Engine support: VERA 4.1 (Flink 1.20).

Why YAML for CDC?

  1. Simplified job management – Declarative, human‑readable configuration.
  2. Reusability & consistency – Template values, reuse across envs.
  3. CI/CD‑friendly – Store in Git, review, promote, rollback.
  4. Environment separation – Swap credentials/topics/URIs per env.
  5. Faster onboarding – No Flink internals required.
  6. Tooling compatibility – Validate/lint/test YAML.
  7. Separation of concerns – Data flow vs. runtime/platform config.

Quick start (UI)

  1. Go to Data Ingestion → New Draft and select Blank Draft.
  2. Name the draft and pick your Engine Version (match to what the job was tested with).
  3. Paste a YAML CDC config in the Preview panel and click OK.

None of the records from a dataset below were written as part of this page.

-- ===== src/Cli/Node/Closed.antt =====
-- The commands that use the device, and the device behind them.
use solmesh.Prelude.{
  ℕ, ◌≡◌, refl, Bool, true, false, List, [], ◌∷◌, Option, none, some, String, Result, ok, err, Exn,
  arith, file_not_found_error, invalid_tag,
}
use solmesh.Prelude.Stateful.{◌>>=◌, ◌>>◌, lift}
use solmesh.Constants.{Str}
use solmesh.Mesh.{truthy}
use solmesh.Wallet.{load_keypair}
use solmesh.Store.{Intent, QueueFile, pending_intents, recover_sending}
use solmesh.Client.{new_client}
use solmesh.Client.Queue.Intake.{cache_passphrase}
use solmesh.Cli.{
  Session, Host, Command, Online, on_client, connect, closing, with_client, no_gateway_found,
  build_mesh, say, text,
}
use solmesh.Solana.{Keypair}
use solmesh.Cli.Token.{Token, resolve_token}
use solmesh.Cli.Send.{
  Payment, Route, send_relay, send_request, online, relay_and_report, request_and_report,
}
use solmesh.Cli.Send.Closing.{
  Undisturbed, Closes, StaysClosed, closing-closed, online-StaysClosed, find_gateway-StaysClosed,
  connect-StaysClosed,
}
use solmesh.Cli.Queue.{queue_flush, flush_if_any, flush_pending, flush_and_report}
use solmesh.Cli.Node.{
  share, balance, listen, check_wallet, wallet_refused, ask_balance, announce_address,
  listen_online, watch, until_stopped,
}

abbrev Off : Result (Unit {0}) × Session → Type 0
Off (r, s) = s.mesh.connected ≡ false

with_client-Off :
    (gateway_node : Option String) (store : Option QueueFile) (auto_flush : Bool)
    (body : Online (Unit {0})) (s : Session)
    → StaysClosed body
    → Off (with_client gateway_node store auto_flush body s)
unfolding with_client new_client
with_client-Off gateway_node store auto_flush body s closes =
    closes
      (record {
        client = new_client (build_mesh s) s.wallets gateway_node store auto_flush;
        out = s.out;
      })
      refl

online-Off :
    (h : Host) (route : Route) (store : Option QueueFile) (auto_flush : Bool) (not_found : String)
    (body : Online (Unit {0})) (s : Session)
    → Undisturbed h
    → Off (with_client route.gateway_node store auto_flush (online h route not_found body) s)
online-Off h route store auto_flush not_found body s u =
    with_client-Off route.gateway_node store auto_flush (online h route not_found body) s
      (online-StaysClosed h route not_found body u)

-- What follows the resolution of the token.
resolved-Off :
    (h : Host) (route : Route) (r : Result Token) (body : Token → Online (Unit {0})) (s : Session)
    → Undisturbed h
    → s.mesh.connected ≡ false
    → Off (
        (lift r >>= λ t.
        with_client route.gateway_node none false (online h route no_gateway_found (body t)))
          s)
resolved-Off h route (err e) body s u off = off
resolved-Off h route (ok t) body s u off =
    online-Off h route none false no_gateway_found (body t) s u

module _ (h : Host) (o : Payment) (route : Route) (s : Session) (undisturbed : Undisturbed h)
    (off : s.mesh.connected ≡ false) where
  send_relay-Off :
      (create_ata : Bool) (blockhash : Option String)
      → Off (send_relay h o route create_ata blockhash s)
  unfolding send_relay
  send_relay-Off create_ata blockhash =
      resolved-Off h route (resolve_token h.upper o.token o.usdc o.fxn s.config.solana.network)
        (relay_and_report h o create_ata blockhash) s undisturbed off

  send_request-Off : Off (send_request h o route s)
  unfolding send_request
  send_request-Off =
      resolved-Off h route (resolve_token h.upper o.token o.usdc o.fxn s.config.solana.network)
        (request_and_report h o) s undisturbed off

module _ (h : Host) (route : Route) (undisturbed : Undisturbed h) where
  balance-Off :
      (address : String) (token : Option String) (usdc fxn : Bool) (s : Session)
      → s.mesh.connected ≡ false
      → Off (balance h address token usdc fxn route s)
  unfolding balance
  balance-Off address token usdc fxn s off =
      resolved-Off h route (resolve_token h.upper token usdc fxn s.config.solana.network)
        (λ t. ask_balance h address (truthy t.0) t.1 t.2) s undisturbed off

  flush_if_any-Off :
      (passphrase : String) (wallet : Option String) (store : QueueFile) (l : List Intent)
      (s : Session)
      → s.mesh.connected ≡ false
      → Off (flush_if_any h passphrase wallet route store l s)
  unfolding flush_pending
  flush_if_any-Off passphrase wallet store [] s off = off
  flush_if_any-Off passphrase wallet store (i ∷ rest) s off =
      online-Off h route (some store) false "No gateway found."
        (flush_and_report h passphrase wallet (i ∷ rest)) s undisturbed

  queue_flush-Off :
      (passphrase : String) (wallet : Option String) (s : Session)
      → s.mesh.connected ≡ false
      → Off (queue_flush h passphrase wallet route s)
  unfolding queue_flush
  queue_flush-Off passphrase wallet s off =
      let store = recover_sending (h.world.clock 0) s.queue in
      flush_if_any-Off passphrase wallet store (pending_intents store) (record s { queue = store })
        off

share-Off :
    (h : Host) (wallet : String) (label : Str) (s : Session)
    → Undisturbed h
    → Off (share h wallet label s)
unfolding share
share-Off h wallet label s u =
    let body = closing h (announce_address h wallet label) in
    with_client-Off none none false (on_client (connect h) >> body) s
      (connect-StaysClosed h body (λ t. closing-closed h (announce_address h wallet label) t u))

watch-Closes : (h : Host) (seconds : ℕ) → Undisturbed h → Closes (watch h seconds)
unfolding watch
watch-Closes h seconds u s =
    let listening =
      (say (text "Listening for beacons. Queued intents will auto-flush." ∷ []) s).1 in
    closing-closed h (until_stopped h seconds) (say (text "Press Ctrl+C to stop." ∷ []) listening).1
      u

listen_online-StaysClosed :
    (h : Host) (wallet passphrase : String) (route : Route) (seconds : ℕ)
    → Undisturbed h
    → StaysClosed (listen_online h wallet passphrase route seconds)
unfolding listen_online cache_passphrase
listen_online-StaysClosed h wallet passphrase route seconds u s off =
    find_gateway-StaysClosed h route "No gateway found." (watch h seconds) u
      (watch-Closes h seconds u)
      (record s { client = (cache_passphrase wallet passphrase s.client).1 }) off

refused-Off :
    (wallet : String) (e : Exn) (s : Session)
    → s.mesh.connected ≡ false
    → Off (wallet_refused wallet e s)
unfolding wallet_refused
refused-Off wallet file_not_found_error s off = off
refused-Off wallet invalid_tag s off = off
refused-Off wallet e s off = ground arith

then-Off :
    (n : Result (Unit {0}) × Session) (next : Command (Unit {0}))
    → Off n
    → ((s : Session) → Off (next s))
    → let m : Result (Unit {0}) × Session = elim n.0 [ ok _ ↦ next n.1 | err e ↦ (err e, n.1) ] in
      Off m
then-Off (ok u, s) next off next_off = next_off s
then-Off (err e, s) next off next_off = off

checked-Off :
    (wallet : String) (r : Result Keypair) (s : Session)
    → s.mesh.connected ≡ false
    → let n : Result (Unit {0}) × Session = elim r [
      | ok kp ↦ (ok tt, s)
      | err e ↦ wallet_refused wallet e s
    ] in
      Off n
checked-Off wallet (ok kp) s off = off
checked-Off wallet (err e) s off = refused-Off wallet e s off

listen-Off :
    (h : Host) (wallet passphrase : String) (route : Route) (seconds : ℕ) (s : Session)
    → Undisturbed h
    → s.mesh.connected ≡ false
    → Off (listen h wallet passphrase route seconds s)
unfolding listen
listen-Off h wallet passphrase route seconds s u off =
    let s' : Session = record s { queue = recover_sending (h.world.clock 0) s.queue } in
    then-Off (check_wallet h wallet passphrase s')
      (λ t.
        with_client route.gateway_node (some t.queue) true
          (listen_online h wallet passphrase route seconds) t)
      (checked-Off wallet (load_keypair h.world.crypto wallet passphrase s'.wallets) s' off)
      (λ t.
        with_client-Off route.gateway_node (some t.queue) true
          (listen_online h wallet passphrase route seconds) t
          (listen_online-StaysClosed h wallet passphrase route seconds u))

-- A command that uses the device leaves it closed, whether it ends normally or with an exception:
-- both ways to send, a share of an address, a balance, a flush of the queue, and listening until it is
-- stopped, from a session whose device is closed, where Ctrl+C does not interrupt a search for a
-- gateway and the device is closed without an exception.
pub device_closed :
    (h : Host) (o : Payment) (route : Route) (create_ata : Bool) (blockhash : Option String)
    (label : Str) (wallet : Option String) (seconds : ℕ) (s : Session)
    → Undisturbed h
    → s.mesh.connected ≡ false
    → ((send_relay h o route create_ata blockhash s).1.mesh.connected ≡ false)
      × ((send_request h o route s).1.mesh.connected ≡ false)
      × ((share h o.wallet label s).1.mesh.connected ≡ false)
      × ((balance h o.recipient o.token o.usdc o.fxn route s).1.mesh.connected ≡ false)
      × ((queue_flush h o.passphrase wallet route s).1.mesh.connected ≡ false)
      × ((listen h o.wallet o.passphrase route seconds s).1.mesh.connected ≡ false)
device_closed h o route create_ata blockhash label wallet seconds s u off = (
  send_relay-Off h o route s u off create_ata blockhash,
  send_request-Off h o route s u off,
  share-Off h o.wallet label s u,
  balance-Off h route u o.recipient o.token o.usdc o.fxn s off,
  queue_flush-Off h route u o.passphrase wallet s off,
  listen-Off h o.wallet o.passphrase route seconds s u off,
)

You can also create drafts from the SQL Editor or import files from your repo.

YAML schema overview

At minimum, a CDC YAML config contains source and sink sections. A job can include one source and one sink per file; compose multiple files for multiple flows.

source:
type: <connector> # e.g., mysql, postgres, oracle, sqlserver, kafka
name: <human name>
hostname: <host or service>
port: <int>
username: ${secret_values.mysqlusername}
password: ${secret_values.mysqlpassword}
database: <db-name> # optional depending on connector
tables: <regex or list> # e.g., "mysql\.\.*" or [ db.schema.table1, db.schema.table2 ]
server-id: <range> # connector-specific; example for MySQL
snapshot.mode: initial # connector-specific snapshot policy

sink:
type: <connector> # e.g., mysql, postgres, kafka, iceberg, hudi, jdbc
name: <human name>
hostname: <host-or-broker>
port: <int>
username: <user>
password: <pass>
database: <db>
table: <table or pattern>
upsert-key: <col or list> # for upsert sinks

Secrets & variables. Use ${…} expressions (e.g., ${secret_values.mysqlpassword}) to reference values injected at deploy time. Treat credentials as secrets—do not hardcode.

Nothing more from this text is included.